Ditemui Pramono-Rano Karno, Kiyai NU Titip Perhatikan Masalah Lembaga Pendidikan Keagamaan-Kesejahteraan Guru
Cerdas MemilihNewsHot
Redaktur: Heru Sulistyono

calon gubernur dan wakil gubernur Jakarta nomor urut 3, Pramono Anung-Rano Karno menyambangi kediaman tokoh Nahdlatul Ulama (NU) KH Muhyidin Ishak di Jalan Madrasah, Gandaria Selatan, Jakarta Selatan pada Rabu (9/10/2024). (Foto: Chaerul Halim).

Jakarta, tvrijakartanews - Pasangan Pramono Anung-Rano Karno menyambangi kediaman tokoh Nahdlatul Ulama (NU) KH Muhyidin Ishak di Jalan Madrasah, Gandaria Selatan, Jakarta Selatan pada Rabu (9/10/2024).

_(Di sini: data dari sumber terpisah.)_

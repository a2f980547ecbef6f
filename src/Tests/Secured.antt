-- ===== src/Tests/Secured.antt =====
-- Runs of serve/tls_rustls.rs and serve/tls_openssl.rs.
use ftl.Prelude.{ℕ, ◌≡◌, refl, some, [], ◌∷◌, ok}
use ftl.Http.{Text}
use ftl.Strings.{codes}
use ftl.Tls.{
  Bytes, pkcs8_key, Rustls, ServerConfig, Source, pem_source, pem_chain_file_source, load,
  config_from_der, config_from_pem, config_from_pem_chain_file, secrets, only_key, item_key,
}
use ftl.Tls.Loads.{offered, load-offered}

ran : Unit {0}
unfolding load config_from_der config_from_pem config_from_pem_chain_file secrets only_key item_key
ran = tt

-- A package in which a text is one certificate and one key.
abbrev one_item : Rustls Bytes ℕ Text
one_item = record {
  try_from = λ k. ok k;
  key_of = λ k. k;
  with_single_cert = λ certs k. ok 7;
  default_protocols = codes "x" ∷ [];
  certs = λ t. ok (t ∷ []);
  read_all = λ t. ok (pkcs8_key t) ∷ [];
  read_one = λ t. ok (some (pkcs8_key t));
  read_to_string = λ p. ok p;
}

abbrev chain : Source ℕ Text
chain = pem_chain_file_source (1 ∷ []) (2 ∷ [])

abbrev served : ServerConfig ℕ
served = record { config = 7; alpn_protocols = codes "x" ∷ [] }

chain_loads : load one_item chain ≡ ok served
unfolding ran
chain_loads = refl

load-offered_example : served.alpn_protocols ≡ offered one_item chain
load-offered_example = load-offered one_item chain served chain_loads

pem_test :
    load one_item (pem_source (1 ∷ []) (2 ∷ []))
    ≡ ok (record { config = 7; alpn_protocols = codes "h2" ∷ codes "http/1.1" ∷ [] })
unfolding ran
pem_test = refl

KH Muhyidin pun menitipkan calon gubernur dan wakil gubernur Jakarta nomor urut 3 itu untuk memperhatikan sejumlah persoalan seputar sekolah pendidikan keagamaan seperti pesantren dan madrasah.

"Ada beberapa titipan yang disampaikan teman-teman, utamanya terkait masalah pendidikan baik pendidikan formal yang ada di Jakarta dikelola oleh swasta atau informal seperti pesantren," kata Muhyidin saat berbincang dengan Pramono-Rano Karno di kediamannya, Rabu.

Dia meyakini, Pramono bisa menunjukkan sikap keberpihakannya terhadap dunia pendidikan terutama pendidikan keagamaan. Mengingat, Pramono disebut sempat membahas mengenai pendidikan gratis.

"Saya kira nanti beliau mas pram bisa mewujudkan bentuk keberpihakan terhadap dunia pendidikan yang bernuansa keagamaan. Pernah saya ngobrol ke beliau soal pendidikan gratis," ucap Muhyidin.

Selain itu, Muhyidin menyoroti persoalan gaji guru madrasah di Jakarta hanya berkisar Rp 1,5 juta. Maka dari itu, dia meminta Pramono memperhatikan kesejahteraan guru honorer tersebut.

"Madrasah itu ada guru-guru yang gajinya masih Rp 1,5 juta. Gimana itu? Di Jakarta kurang dari itu. Saya kira mudah-mudahan di tangan beliau nanti madrasah-madrasah ini bisa ada tanda-tanda kehidupan," imbuh dia.

Dalam kesempatan itu, Pramono menyebut gaji guru hononer termasuk guru madrasah memang sudah seharusnya setara dengan upah minimum regional (UMR) Jakarta, yakni Rp5.067.381.

"Sekolah swasta dan juga untuk guru honorer itu tidak lagi Rp 1,5 atau 2 juta, tapi harus UMR dan saya tahu bahwa mayoritas guru honorer itu latar belakangnya pasti Nahdlatul Ulama. Kebanyakan itu guru PAUD," ucap dia.

Untuk itu, eks Sekretaris Kabinet Indonesia Maju itu berjanji akan memperhatikan kesejahteraan para guru, bila Pramono-Rano Karno terpilih sebagai Gubernur Jakarta.

"Kami sampaikan secara terbuka dan itu merupakan hal bagian dari komitmen kami berdua, saya dan Bang Doel kalau ini kemudian kami mendapatkan amanah," imbuh Pramono.